Healing the Body of Pain

 

Post-traumatic Stress Disorder or PTSD was first diagnosed in the 1970s in US veterans returning from the Vietnam War. Repeated exposure to life-threatening danger was found to have created such psychological stress that the trauma continued to play out long after the events in question had passed - in both body and mind.

Interestingly, in today’s culture of overstimulation and non-stop distraction, many of us are also suffering from what you might call ‘PRE-traumatic Stress Disorder’. We worry and fixate about potentials and ideas - essentially about things that don’t even exist - and thereby live in an almost constant state of stress and anxiety, massively impacting our physical and psychological  health. 

What these two forms of PTSD have in common is the way the body naturally responds. Put simply, the body’s organising intelligence cannot distinguish between real and imagined danger - so whether we’re in a genuinely life-threatening situation, or just fixating on a potential danger, our body responds in exactly the same way.

As we’ve seen in previous articles, that response is to produce various states of physiological arousal, which, if left unprocessed, become toxic and lead to ill-health and disease within the body.

However, as we’ve also seen in a previous article on the placebo effect, that relationship between psychology and physiology also has hugely positive potential. Positive memories or the constructive receptivity of faith for example, activate our body’s innate self-healing capacity and empower all aspects of our life.

This insight has the potential to radically reframe where happiness and suffering are primarily coming from. And if we understand it deeply, we can turn that relationship between body and mind to our advantage.

Interpreting the world ‘out there’

The current outlook within the realms of neuroscience and quantum physics turn out to lend credence to this new perspective. In both, the whole notion of a world that is separate and external to the observer is reduced to the complex interplay of light and sound waves subjectively interpreted by the individual. 

From this standpoint, it is only ever consciousness that makes mental and sense data intelligible and meaningful. And this is why it is often the case that two people can experience the same ‘external’ event in completely different ways. 

In this context the notion of interpretation assumes central importance. Because we often make sense of a current experience on the basis of something that happened in the past.  

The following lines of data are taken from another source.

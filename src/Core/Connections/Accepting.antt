-- ===== src/Core/Connections/Accepting.antt =====
-- How `ump_accept` takes a connection, in terms of the places of the addresses.
use user_message_protocol.Base.{
  ℕ, ◌≡◌, refl, sym, ◌∙◌, ap, subst, Option, none, some, true, false, arith, List, if◌then◌else◌,
  Bool-cases, inl, inr,
}
use user_message_protocol.Sock.Calls.{is_established}
use user_message_protocol.Core.{Peer, UmpCore, test_sock, their_addr_of, insert_at, remove_at}
use user_message_protocol.Core.Connections.{
  scan, is_ready, take_out, accept, accept_turn, accept_woken, accept_passed, accepts, sleeps,
}
use user_message_protocol.Event.{MEvent, set, try_wait}
use user_message_protocol.Core.Connections.Choice.{IsChosen, scan-IsChosen, scan_finds}
use user_message_protocol.Core.Connections.Places.{insert_at_here, insert_at_there}
use user_message_protocol.Core.Place.{
  Place, in_backlog, accepted, At, IsTidy, Follows, Elsewhere-Follows, one_address, waiting_place,
}
use user_message_protocol.Core.Table.{
  SockAddr, inaddr_eq, inaddr_eq→eq, GHashTable, IsTable, has, remove_here, remove_there,
}

module _ {D : Type 0} {h : GHashTable} where
  -- What a pass takes: an established socket that was in the backlog, and that is in use afterwards
  -- and not in the backlog any more.
  pub record Handover (c d : UmpCore D h) (j : ℕ) (k : SockAddr) : Type 0 where
    pub ready : is_ready c j ≡ true
    pub was_there : h.lookup c.backlog_umps k ≡ some j
    pub in_use : h.lookup d.umps k ≡ some j
    pub gone : h.lookup d.backlog_umps k ≡ none
    pub others :
        (a : SockAddr)
        → inaddr_eq (some k) (some a) ≡ false
        → h.lookup d.backlog_umps a ≡ h.lookup c.backlog_umps a
    pub same_socks : d.socks ≡ c.socks

module _ {D : Type 0} {h : GHashTable} (laws : IsTable h) where
  taken-Follows :
      (c : UmpCore D h) (addr : SockAddr) (i : ℕ) (a : SockAddr) (p : Place) (o : Option SockAddr)
      → At c addr (in_backlog i)
      → some addr ≡ o
      → At c a p
      → Follows
          (record c {
            backlog_umps = remove_at h c.backlog_umps o;
            umps = insert_at h c.umps (c.socks i) i;
          })
          a
          p
  taken-Follows c addr i a p o at0 e at =
      subst
        (λ (o : Option SockAddr).
          Follows
            (record c {
              backlog_umps = remove_at h c.backlog_umps o;
              umps = insert_at h c.umps (c.socks i) i;
            })
            a p)
        e
        (one_address addr a at0 at
          (record {
            umps_at = insert_at_here laws c.umps (c.socks i) i addr (at0.live i refl);
            backlog_at = remove_here laws c.backlog_umps addr;
            act_at = at0.act_at;
            closed_at = at0.closed_at;
            live = at0.live;
          })
          accepted
          (λ f. record {
            same_umps = insert_at_there laws c.umps (c.socks i) i addr a (at0.live i refl) f;
            same_backlog = remove_there laws c.backlog_umps addr a f;
            same_act = refl;
            same_closed = refl;
            kept_socks = λ j x. x;
          }))

  -- One pass of `ump_accept` lets every address follow its life.
  pub accept-Follows :
      (c : UmpCore D h) (a : SockAddr) (p : Place) → IsTidy c → At c a p → Follows (accept c).1 a p
  unfolding accept
  accept-Follows c a p w at =
      taken_out (scan c none (h.values c.backlog_umps))
        (scan-IsChosen c (h.values c.backlog_umps) none (h.values c.backlog_umps) (λ i e. e) tt)
    where
      taken_out :
          (o : Option ℕ) → IsChosen c (h.values c.backlog_umps) o → Follows (take_out c o) a p
      taken_out none v = Elsewhere-Follows at (record {
        same_umps = refl;
        same_backlog = refl;
        same_act = refl;
        same_closed = refl;
        kept_socks = λ j x. x;
      })
      taken_out (some i) v =
          let (k, e) = laws.value→key c.backlog_umps i v.0 in
          let (q, u) = w.placed k in
          let at0 = subst (At c k) (waiting_place q i (sym u.backlog_at ∙ e)) u in
          taken-Follows c k i a p _ at0 (sym (at0.live i refl)) at

  taken_lem :
      (c : UmpCore D h) (k : SockAddr) (j : ℕ) (o : Option SockAddr)
      → their_addr_of (c.socks j) ≡ some k
      → o ≡ some k
      → (h.lookup (insert_at h c.umps (c.socks j) j) k ≡ some j)
        × (h.lookup (remove_at h c.backlog_umps o) k ≡ none)
  taken_lem c k j o l e = (
    insert_at_here laws c.umps (c.socks j) j k l,
    ap (λ (x : Option SockAddr). h.lookup (remove_at h c.backlog_umps x) k) e
        ∙ remove_here laws c.backlog_umps k,
  )

  accept_finds :
      (c : UmpCore D h) (a : SockAddr) (i : ℕ)
      → IsTidy c
      → h.lookup c.backlog_umps a ≡ some i
      → is_ready c i ≡ true
      → (j : ℕ) × (k : SockAddr) × ((accept c).0 ≡ some j) × Handover c (accept c).1 j k
  unfolding accept
  accept_finds c a i w e t =
      pick (scan c none is) (scan-IsChosen c is none is (λ j x. x) tt)
        (scan_finds c none is i (laws.key→value c.backlog_umps a i e) t)
    where
      is : List ℕ
      is = h.values c.backlog_umps

      pick :
          (o : Option ℕ)
          → IsChosen c is o
          → has o ≡ true
          → (j : ℕ) × (k : SockAddr) × (o ≡ some j) × Handover c (take_out c o) j k
      pick none v x = absurd (ground (arith, x))
      pick (some j) v x =
          let (k, f) = laws.value→key c.backlog_umps j v.0 in
          let (q, u) = w.placed k in
          let at0 = subst (At c k) (waiting_place q j (sym u.backlog_at ∙ f)) u in
          let l = at0.live j refl in
          let (used_now, gone) = taken_lem c k j (their_addr_of (c.socks j)) l l in
          (
            j,
            k,
            refl,
            record {
              ready = v.1;
              was_there = f;
              in_use = used_now;
              gone = gone;
              others = λ b n.
                  ap (λ (x : Option SockAddr). h.lookup (remove_at h c.backlog_umps x) b) l
                  ∙ remove_there laws c.backlog_umps k b n;
              same_socks = refl;
            },
          )

  accept_woken-accepts :
      (c : UmpCore D h) (o : Option MEvent) (e : MEvent) (j : ℕ)
      → o ≡ some e
      → (accept c).0 ≡ some j
      → accept_woken c o ≡ accepts e j (accept c).1
  accept_woken-accepts c o e j f g =
      ap (accept_woken c) f ∙ ap (λ (x : Option ℕ). accept_passed e x (accept c).1) g

  -- When `accept_ok` is set and a socket of the backlog is established, a call of `ump_accept`
  -- returns: it gets an established socket that was in the backlog, and that is in use afterwards
  -- and not in the backlog any more.
  pub accept_takes :
      (ok : MEvent) (c : UmpCore D h) (a : SockAddr) (i : ℕ)
      → ok.isset ≡ true
      → IsTidy c
      → h.lookup c.backlog_umps a ≡ some i
      → is_ready c i ≡ true
      → (e : MEvent) × (d : UmpCore D h) × (j : ℕ) × (k : SockAddr) × (accept_turn ok c
          ≡ accepts e j d)
        × Handover c d j k
  unfolding accept_turn try_wait
  accept_takes ok c a i on w l t =
      let (j, k, found, taken) = accept_finds c a i w l t in
      let e = if ok.auto_reset then record ok { isset = false } else ok in
      (e, (accept c).1, j, k, accept_woken-accepts c (try_wait ok) e j (rw on refl) found, taken)

  still_ready :
      (c d : UmpCore D h) (i : ℕ) → d.socks ≡ c.socks → is_ready c i ≡ true → is_ready d i ≡ true
  still_ready c d i e t =
      subst
        (λ (f : ℕ → Option (Peer D)). test_sock (λ s. is_established s.public_state) (f i) ≡ true)
        (sym e) t

  -- A connection is missed: where two sockets of the backlog are established and `accept_ok` was
  -- set for each of them before `ump_accept` waits, the first call returns one of them, and the
  -- next call sleeps although the other one is established and in the backlog.
  pub accept_misses :
      (ok : MEvent) (c : UmpCore D h) (a b : SockAddr) (i l : ℕ)
      → ok.auto_reset ≡ true
      → IsTidy c
      → inaddr_eq (some a) (some b) ≡ false
      → h.lookup c.backlog_umps a ≡ some i
      → is_ready c i ≡ true
      → h.lookup c.backlog_umps b ≡ some l
      → is_ready c l ≡ true
      → (e : MEvent) × (d : UmpCore D h) × (j : ℕ) × (k : SockAddr) × (accept_turn
            (set (set ok).0).0
            c
          ≡ accepts e j d)
        × Handover c d j k
        × (accept_turn e d ≡ sleeps)
        × ((q : SockAddr) × (m : ℕ) × (h.lookup d.backlog_umps q ≡ some m) × (is_ready d m ≡ true))
  unfolding accept_turn try_wait set
  accept_misses ok c a b i l auto w ne la ta lb tb =
      let (j, k, found, taken) = accept_finds c a i w la ta in
      let d = (accept c).1 in
      let e = record ok { isset = false } in
      (
        e,
        d,
        j,
        k,
        accept_woken-accepts c (try_wait (set (set ok).0).0) e j (rw auto refl) found,
        taken,
        refl,
        elim (Bool-cases (inaddr_eq (some k) (some a))) [
          | inl same ↦
              let apart =
                subst (λ (x : SockAddr). inaddr_eq (some x) (some b) ≡ false)
                  (sym (inaddr_eq→eq k a same)) ne in
              (b, l, taken.others b apart ∙ lb, still_ready c d l taken.same_socks tb)
          | inr other ↦ (a, i, taken.others a other ∙ la, still_ready c d i taken.same_socks ta)
        ],
      )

One of the reasons this is problematic is that unpleasant experiences in the past can easily become dominant points of reference against which we measure all new incoming data.

So in any new situation, what we’re actually experiencing is our own distorted interpretations  through the lens of thoughts, stories, and projections, rather than simply ‘what is’.

And therefore anything that feels remotely like a threat can easily trigger a physiological response of stress and panic, and a psychological ‘hallucination’ that confirms this apparent reality. 



The radical positive potential

When we shift our awareness away from those subjective projections and into the inner space of awareness itself - in short, when we become present - we awaken from the illusion of mind-made limitations and painful experiences. 

It’s as though we’ve switched on the lights, and all those projections and elaborations fall away - leaving only the peaceful reality of the present moment, and an abundant sense of possibility.

This inner light of awareness, the inner observer, is ever present. But it’s something we forever look through, without ever looking at.  But we can learn to cultivate that sense of presence  simply by shifting our attention from the contents of consciousness to the inner space that is aware. 

And this is precisely what is described by those who experience ‘peak states’ -  powerful moments of clarity and inner peace that transform body, mind, identity and outlook.

This is quite different from mere positive thinking, because a concrete shift of state into Presence has a very real positive charge - a natural radiance of positivity that comes from a deeper experience of Being.

In that state, we do not need to generate ‘mind-made’ positive feelings, because Being itself produces blissful positivity in abundance. 

Harnessing the natural abundance of Being

With practice, we can learn to activate that natural positivity by using our imagination to harness the connection between psychology and physiology outlined above.

Recalling, and identifying with, a positive experience, we allow that mentally generated experience to produce a corresponding positive experience in the body. 

Although the ‘event’ itself is simply a thought, it gives rise to positive feelings which lessen our engagement with the external world ‘out there.’ And as we inhabit and identify with that inner space of peace and positivity, we naturally facilitate a hard reset of our current conceptual points of reference.

A new identity appears within, and a new world appears without - a new vision of our life with astonishing implications for health, happiness and beyond.